Broken knob and / or tote are common. Look for these to have correct hardware. Often a screw is lost and someone force fits new hardware which is not the same diameter or thread.


----------



## afx (Feb 5, 2010)

Dave Paine said:


> Restoring a Bedrock should not be much different than a normal Stanley. Only the frog adjustment is different.
> 
> Corrugated sole does not make any difference in use. I have a few vintage Stanley's with corrugated sole. I am not fond of the corrugated sole, but this is personal. My old eyes find it harder to sight a blade on a corrugated sole. Small thing.
> 
> ...


Thanks for the reply Dave!

I actually really like the corrugated soles. I mentioned it strictly for the reason that they're less common than solid soles. Someone once told me that Stanley wouldn't tell people the difference between the two, and that it was probably a publicity stunt to sell more planes .

The iron isn't that big of a deal to me, I tend to scrap the iron/chip breaker and buy a HOCK replacement, I like the added heft to reduce blade chatter. Do you know if the iron in a Bed Rock is the same as a normal Stanley?

When I go over there today I'm bringing my granite stone and some shims to see how much work I'm going to have to put in to it. I'm excited for it though. The last jointer I bought didn't restore well and I've been looking for another good deal for a while now.

I'll keep you guys posted.


----------



## Dave Paine (May 30, 2012)

afx said:


> The iron isn't that big of a deal to me, I tend to scrap the iron/chip breaker and buy a HOCK replacement, I like the added heft to reduce blade chatter. Do you know if the iron in a Bed Rock is the same as a normal Stanley?


I do not have any Bedrock planes, but they appear to be the same as the Stanley-Bailey. However, not all Stanley-Bailey are exactly the same.

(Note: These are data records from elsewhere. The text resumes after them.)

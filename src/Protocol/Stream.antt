-- ===== src/Protocol/Stream.antt =====
-- Incremental parsing: what the request parser of src/protocol.c answers on a part of the input it
-- still answers when more bytes have arrived, so that a stream is cut into the same requests however
-- it is split into reads.
use wire_command_c.Common.{
  ℕ, zero, suc, ◌+◌, ◌≤◌, ◌<◌, ◌≡◌, ◌≢◌, refl, ◌∙◌, ap, ◌⊎◌, inl, inr, some, [], ◌∷◌, ◌++◌, arith,
  length, drop, uint16_max, Bytes, length-append, length-drop, take-append_le, drop-append_le,
}
use wire_command_c.Protocol.{
  ParseResult, complete, need_more, invalid, Request, parse_request, decode_u16,
}
use wire_command_c.Protocol.Frame.{request_frame, IsRequestType}
use wire_command_c.Protocol.Parse.{accepted, parse_request-frame}

-- Once the parser has accepted or refused a message, bytes that arrive behind it change nothing.
pub parse_request-append :
    (xs ys : Bytes)
    → parse_request (some xs) (length xs) ≢ need_more
    → parse_request (some (xs ++ ys)) (length (xs ++ ys)) ≡ parse_request (some xs) (length xs)
unfolding parse_request
parse_request-append (a ∷ b ∷ c ∷ d ∷ e ∷ f ∷ rest) ys h = ground (
  arith,
  length-append rest ys,
  take-append_le (decode_u16 (a ∷ b ∷ c ∷ d ∷ e ∷ f ∷ rest) 4) rest ys,
)
parse_request-append xs ys h = absurd (h refl)

-- The parser never waits for more when as many bytes as the largest message has are there.
pub parse_request-need_more :
    (xs : Bytes) → parse_request (some xs) (length xs) ≡ need_more → length xs < uint16_max
unfolding parse_request
parse_request-need_more xs h = ground arith

-- Bytes are refused only if no request frame begins with them, or they with one.
pub parse_request-invalid :
    (xs ys argument rest : Bytes) (type : ℕ)
    → parse_request (some xs) (length xs) ≡ invalid
    → IsRequestType type
    → 6 + length argument ≤ uint16_max
    → xs ++ ys ≢ request_frame type argument ++ rest
parse_request-invalid xs ys argument rest type h t l e =
    let same = parse_request-append xs ys (λ n. cc) in
    let found = parse_request-frame type argument rest t l in
    let agree = ap (λ (zs : Bytes). parse_request (some zs) (length zs)) e in cc

-- A stream of bytes, cut into requests as long as this can be done.
pub data Stream : Type 0 where
  more : Request → Stream → Stream
  rest_is : Bytes → Stream
  broken : Stream

cut_from : ℕ → Bytes → Stream
cut_from zero xs = rest_is xs
cut_from (suc fuel) xs = elim (parse_request (some xs) (length xs)) [
  | complete r k ↦ more r (cut_from fuel (drop k xs))
  | need_more ↦ rest_is xs
  | invalid ↦ broken
]

-- Each request takes six bytes at least, so that the length is fuel enough.
pub cut : Bytes → Stream
cut xs = cut_from (suc (length xs)) xs

unfoldable pub feed : Stream → Bytes → Stream
feed (more r s) ys = more r (feed s ys)
feed (rest_is xs) ys = cut (xs ++ ys)
feed broken ys = broken

pub parse-cases :
    (xs : Bytes)
    → let p = parse_request (some xs) (length xs) in
      ((r : Request) × (k : ℕ) × (p ≡ complete r k) × (0 < k) × (k ≤ length xs))
      ⊎ ((p ≡ need_more) ⊎ (p ≡ invalid))
parse-cases xs = go (parse_request (some xs) (length xs)) refl
  where
    go :
        (p : ParseResult Request)
        → parse_request (some xs) (length xs) ≡ p
        → ((r : Request) × (k : ℕ) × (p ≡ complete r k) × (0 < k) × (k ≤ length xs))
          ⊎ ((p ≡ need_more) ⊎ (p ≡ invalid))
    go (complete r k) e = let t = accepted xs r k e in inl (r, k, refl, omega arith, omega arith)
    go need_more e = inr (inl refl)
    go invalid e = inr (inr refl)

cut_from-complete :
    (fuel : ℕ) (xs : Bytes) (r : Request) (k : ℕ)
    → parse_request (some xs) (length xs) ≡ complete r k
    → cut_from (suc fuel) xs ≡ more r (cut_from fuel (drop k xs))
unfolding cut_from
cut_from-complete fuel xs r k e = rw (e, cut_from)

cut_from-need_more :
    (fuel : ℕ) (xs : Bytes)
    → parse_request (some xs) (length xs) ≡ need_more
    → cut_from (suc fuel) xs ≡ rest_is xs
unfolding cut_from
cut_from-need_more fuel xs e = rw (e, cut_from)

cut_from-invalid :
    (fuel : ℕ) (xs : Bytes)
    → parse_request (some xs) (length xs) ≡ invalid
    → cut_from (suc fuel) xs ≡ broken
unfolding cut_from
cut_from-invalid fuel xs e = rw (e, cut_from)

-- Any fuel above the length gives the same cut.
cut_from-fuel :
    (f g : ℕ) (xs : Bytes) → length xs < f → length xs < g → cut_from f xs ≡ cut_from g xs
unfolding cut_from
cut_from-fuel zero g xs p q = absurd (omega arith)
cut_from-fuel (suc f) zero xs p q = absurd (omega arith)
cut_from-fuel (suc f) (suc g) xs p q = elim (parse-cases xs) [
  | inl (r, k, e, pos, le) ↦
      rw (cut_from-complete f xs r k e, cut_from-complete g xs r k e)
        (ap (more r) (
          cut_from-fuel f g (drop k xs) (omega (arith, length-drop k xs))
            (omega (arith, length-drop k xs))))
  | inr (inl e) ↦ rw (cut_from-need_more f xs e, cut_from-need_more g xs e)
  | inr (inr e) ↦ rw (cut_from-invalid f xs e, cut_from-invalid g xs e)
]

cut_from-append :
    (f g : ℕ) (xs ys : Bytes)
    → length xs < g
    → length (xs ++ ys) < f
    → cut_from f (xs ++ ys) ≡ feed (cut_from g xs) ys
unfolding feed cut
cut_from-append zero g xs ys p q = absurd (omega arith)
cut_from-append (suc f) zero xs ys p q = absurd (omega arith)
cut_from-append (suc f) (suc g) xs ys p q = elim (parse-cases xs) [
  | inl (r, k, e, pos, le) ↦
      rw
        (
          cut_from-complete f (xs ++ ys) r k (parse_request-append xs ys (λ n. cc) ∙ e),
          cut_from-complete g xs r k e,
          drop-append_le k xs ys le,
        )
        (ap (more r) (
          cut_from-append f g (drop k xs) ys (omega (arith, length-drop k xs))
            (omega (arith, length-drop k xs, length-append (drop k xs) ys, length-append xs ys))))
  | inr (inl e) ↦
      rw (cut_from-need_more g xs e)
        (cut_from-fuel (suc f) (suc (length (xs ++ ys))) (xs ++ ys) q (omega arith))
  | inr (inr e) ↦ rw (
    cut_from-invalid f (xs ++ ys) (parse_request-append xs ys (λ n. cc) ∙ e),
    cut_from-invalid g xs e,
  )
]

-- A stream that arrives in two parts is cut into the same requests as the whole.
pub cut-append : (xs ys : Bytes) → cut (xs ++ ys) ≡ feed (cut xs) ys
unfolding cut
cut-append xs ys =
    cut_from-append (suc (length (xs ++ ys))) (suc (length xs)) xs ys (omega arith) (omega arith)

-- How a cut begins.
pub cut-complete :
    (xs : Bytes) (r : Request) (k : ℕ)
    → parse_request (some xs) (length xs) ≡ complete r k
    → cut xs ≡ more r (cut (drop k xs))
unfolding cut
cut-complete xs r k e =
    let t = accepted xs r k e in
    cut_from-complete (length xs) xs r k e
    ∙ ap (more r) (
        cut_from-fuel (length xs) (suc (length (drop k xs))) (drop k xs)
          (omega (arith, length-drop k xs)) (omega arith))

pub cut-need_more :
    (xs : Bytes) → parse_request (some xs) (length xs) ≡ need_more → cut xs ≡ rest_is xs
unfolding cut
cut-need_more xs e = cut_from-need_more (length xs) xs e

pub cut-invalid : (xs : Bytes) → parse_request (some xs) (length xs) ≡ invalid → cut xs ≡ broken
unfolding cut
cut-invalid xs e = cut_from-invalid (length xs) xs e

-- Nothing has been sent yet.
pub cut-nil : cut [] ≡ rest_is []
unfolding parse_request
cut-nil = cut-need_more [] refl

I have some Veritas replacement blades which had the the following comment 
"*Due to minor manufacturing variations over the last century, the pawl on the end of the lateral adjust lever on older planes may have to be filed slightly to fit in the blade slot*"

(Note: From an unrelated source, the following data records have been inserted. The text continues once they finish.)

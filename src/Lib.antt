-- ===== src/Lib.antt =====
-- pgiceberg publishes the changes that a PostgreSQL transaction makes to Iceberg tables. This
-- library models the part of it that decides what is published, and what happens when a
-- transaction or a server fails around that: the engine's queue of pending changes, the commit at
-- PRE_COMMIT, the recovery log, the repair of what a failure left, and the worker that copies a
-- PostgreSQL table through logical decoding. It also models how a table is bound to the schema of
-- Iceberg, how values are converted, and the filter that a scan of a table is given.
--
-- The parts, and how they interact. An executor of src/engine/modify_state.cc queues a change on
-- a pending table (Modify/Queue), which replays it into an Iceberg transaction (Modify/Apply). A
-- savepoint that is rolled back takes its changes out of the queue (Modify/Callbacks). At
-- PRE_COMMIT the tables are registered in a recovery record, the record is written to a log, and
-- the tables are published in turn, with the log written after each (Modify/Commit,
-- Modify/Recovered). At COMMIT the log is removed; at ABORT what was published is rolled back
-- (Recovery/Rollback). After a crash, the SQL functions reconcile and repair the logs
-- (Recovery/Repair).
--
-- * Status models src/common/status.h, Options models src/engine/options.cc and options.h.
-- * Recovery models src/engine/commit_recovery.cc and commit_recovery.h: Format is FormatRecord,
--   Stream and Parse are ParseRecord over the reads of std::istream, Log is the store of log files,
--   Ownership is InspectSnapshotOwnership, TableVerdict and OverallVerdict, Rollback is
--   RollbackIcebergSnapshot and BestEffortRollbackCommittedTables, Repair is RepairCommit and
--   ReconcileCommitRecoveryLogs, Json is CommitRecoveryRecordJson.
-- * Modify models the queue and the callbacks of src/engine/modify_state.cc (lines up to 810):
--   Identity is the commit id, the properties and the table key, the other modules are named above.
--   The two statics of a backend are the record Backend.
-- * Pushdown models src/fdw/qual_pushdown.cc, which makes a filter for Iceberg of the WHERE
--   clause: Comparison is the operators and the test of collations, Like is StartsWithPrefix,
--   Literal is DecimalLiteralFromNumeric, Timestamp is TimestampLiteral, Constants is
--   LiteralForConst, and Walk is the rest: Nodes is StripRelabel, AsScanColumn and ResolveColumn,
--   Comparisons is TranslateComparison and TranslateOpExpr, Quals is TranslateScalarArrayOp to
--   TranslateQualsForPushdown. What the catalogs of PostgreSQL and the Iceberg schema answer is the
--   record Planner, and a node that the source does not look into is one constructor. Meaning says
--   what the clauses and the expressions mean of a row, with a table of PostgreSQL's operators and
--   the collations under which it compares bytes of its own; it stands for PostgreSQL and Iceberg
--   and is not code of this repository. The other modules of Pushdown are proofs: Keys, Renders,
--   Compared, Patterns, Operands, Clauses, Elements, Arrays, Truths and Sound lead to the filter as
--   a whole, and Scanned joins it to what Convert reads.
-- * Convert is src/common/datum_convert.cc: Units has the arithmetic of times and dates, Read is
--   ConvertValue, Write is ScalarFromDatum, AppendDatum and DatumEquals. Floats have a type that
--   the definitions take, and what is called in Arrow and PostgreSQL is the record Library. Exact,
--   Ranges and Typed are proofs.
-- * Logical models src/logical/logical.cc, which copies the inserts of a PostgreSQL table to an
--   Iceberg table from a slot of logical decoding: Output is the output plugin
--   (PgIcebergOutputChange and PgIcebergOutputTruncate), Decode is ParseDecodedChange, Slot has the
--   mirrors, LoadMirrors, PeekSlotChanges, AdvanceSlotByCount, UpdateMirrorProgress and
--   DisableMirror, BatchId is LogicalBatchId, Batch and Mirror are ProcessMirror, ProcessMirrors,
--   DrainNonSourceSlotChanges and a turn of RunWorkerLoop, Backfill is EnsureEmptyBackfillTarget
--   and BackfillSourceTable. A World is the slot, the mirror's row and the engine's state; the
--   record External has what the SPI statements, the hash, the types and the engine answer. The
--   engine's functions (AppendSlots, FlushPendingModifyChanges, ReadTableProperty, and its callback
--   of an aborted transaction) are arguments there: a theorem says what they are called with, and
--   assumes nothing of what they do but what its statement names. The other modules of Logical are
--   proofs: Reads, Columns and RoundTrip of the record format, BatchNames of the name of a batch,
--   Drain, Consumed, Appended, Left, Turns and Delivered of turns, Copies of the backfill.
-- * Schema is src/common/type_mapping.cc, src/common/schema_binding.cc and a part of
--   src/functions/schema.cc. Types has DecodeNumericTypmod, PostgresTypeToIcebergType and
--   IcebergTypeToSql; Relations has TypesMatch, IsWideningPromotion, IcebergTypeReadableAs and
--   PostgresTypeWritableAs; Columns has the field ids of columns up to LoadLocalColumns; Binding is
--   BindSchema, Diff is DiffSchema, Checks is CheckScanCompatible and CheckWriteCompatible, Json is
--   SchemaChangesToJson. Bindings is LoadTableAmFieldIds and InsertColumnBindings, Projection is
--   ProjectedIcebergNames and BatchColumnIndex, Refresh is RefreshForeignTable of
--   src/functions/schema.cc. A literal of the library is a type that the definitions take;
--   format_type_be, FindFieldById and what SPI answers are functions that they take. The other
--   modules of Schema are proofs: Numeric of types, InSync, Matched and Synced of the difference,
--   Compatible of both checks, Found, Stale and Refreshed of what a refresh does, FieldIds and
--   Inserted of the rows that are written.
-- * Outside is what is called and not implemented here: the status of transactions in PostgreSQL,
--   the file system, the catalog, the Iceberg library. It is a record of functions that every
--   definition takes. Each call that changes something outside adds an event to a history, and what
--   a later call answers may depend on the history, so a failure at any point is covered. The load
--   of a table that is to be rolled back is a function of its own beside the load of its
--   inspection, since another writer may come between the two. Nothing is assumed of these
--   functions but what a theorem names.
-- * Exec is a function that changes state and may fail, with the state kept on failure.
-- * Common has the lists, the integers, bytes and decimal numerals; Tests has concrete runs.
--
-- Strings are lists of bytes. An int64_t is an integer; where the source reads one, the range is
-- checked as the source's reads do. The loops of the source are structural recursion on their
-- lists; the printing of numbers is recursion on fuel: one more than the number for decimals,
-- which have no more digits than that, and sixteen for the hexadecimal digits of a 64-bit number.
-- The drain of a slot has fuel for one round more than the slot has changes, which is enough
-- because a round that goes on consumes one change at least and nothing is added to the slot of
-- the model meanwhile; the loop of the source has no bound.
--
-- Not modelled: other transactions that add to a slot during a turn, the executor half of
-- modify_state.cc (writing Parquet files and deletion vectors), scans, the literals of column
-- defaults, the handling of arguments and locks around a refresh, the table access method, the
-- signal handlers, settings and registration of the logical worker, the registration of settings,
-- the callbacks of the foreign data wrapper, warnings and log sinks, and the steps by which a log
-- file is written durably, which are one call that succeeds or fails.
pub mod Common
pub mod Status
pub mod Options
pub mod Exec
pub mod Outside
pub mod Recovery
pub mod Modify
pub mod Pushdown
pub mod Logical
pub mod Schema
pub mod Convert
mod Tests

I recently purchased a Veritas PM-V11 blade for a Stanley-Bailey No. 5. I like it. Ron Hock makes good blades, but you may want to also look at the Veritas PM-V11.

http://www.leevalley.com/US/Wood/page.aspx?cat=1,41182&p=43698&ap=1


----------



## afx (Feb 5, 2010)

Dave Paine said:


> I do not have any Bedrock planes, but they appear to be the same as the Stanley-Bailey. However, not all Stanley-Bailey are exactly the same.
> 
> I have some Veritas replacement blades which had the the following comment
> "*Due to minor manufacturing variations over the last century, the pawl on the end of the lateral adjust lever on older planes may have to be filed slightly to fit in the blade slot*"
> ...



Thanks for that link! I hadn't been able to find a good place to buy the veritas iron/chip breaker combo's besides Woodcraft. Actually, now that I look at it, they're all sold out 

I picked up the plane during lunch, it looks like a really solid plane to me. Its just old. The lady I bought it from said she was happy I was buying it to use it because it was her great grandfathers passed down to her father. I told her it's going to get a good cleaning and tune up and that it will be used for many more years. 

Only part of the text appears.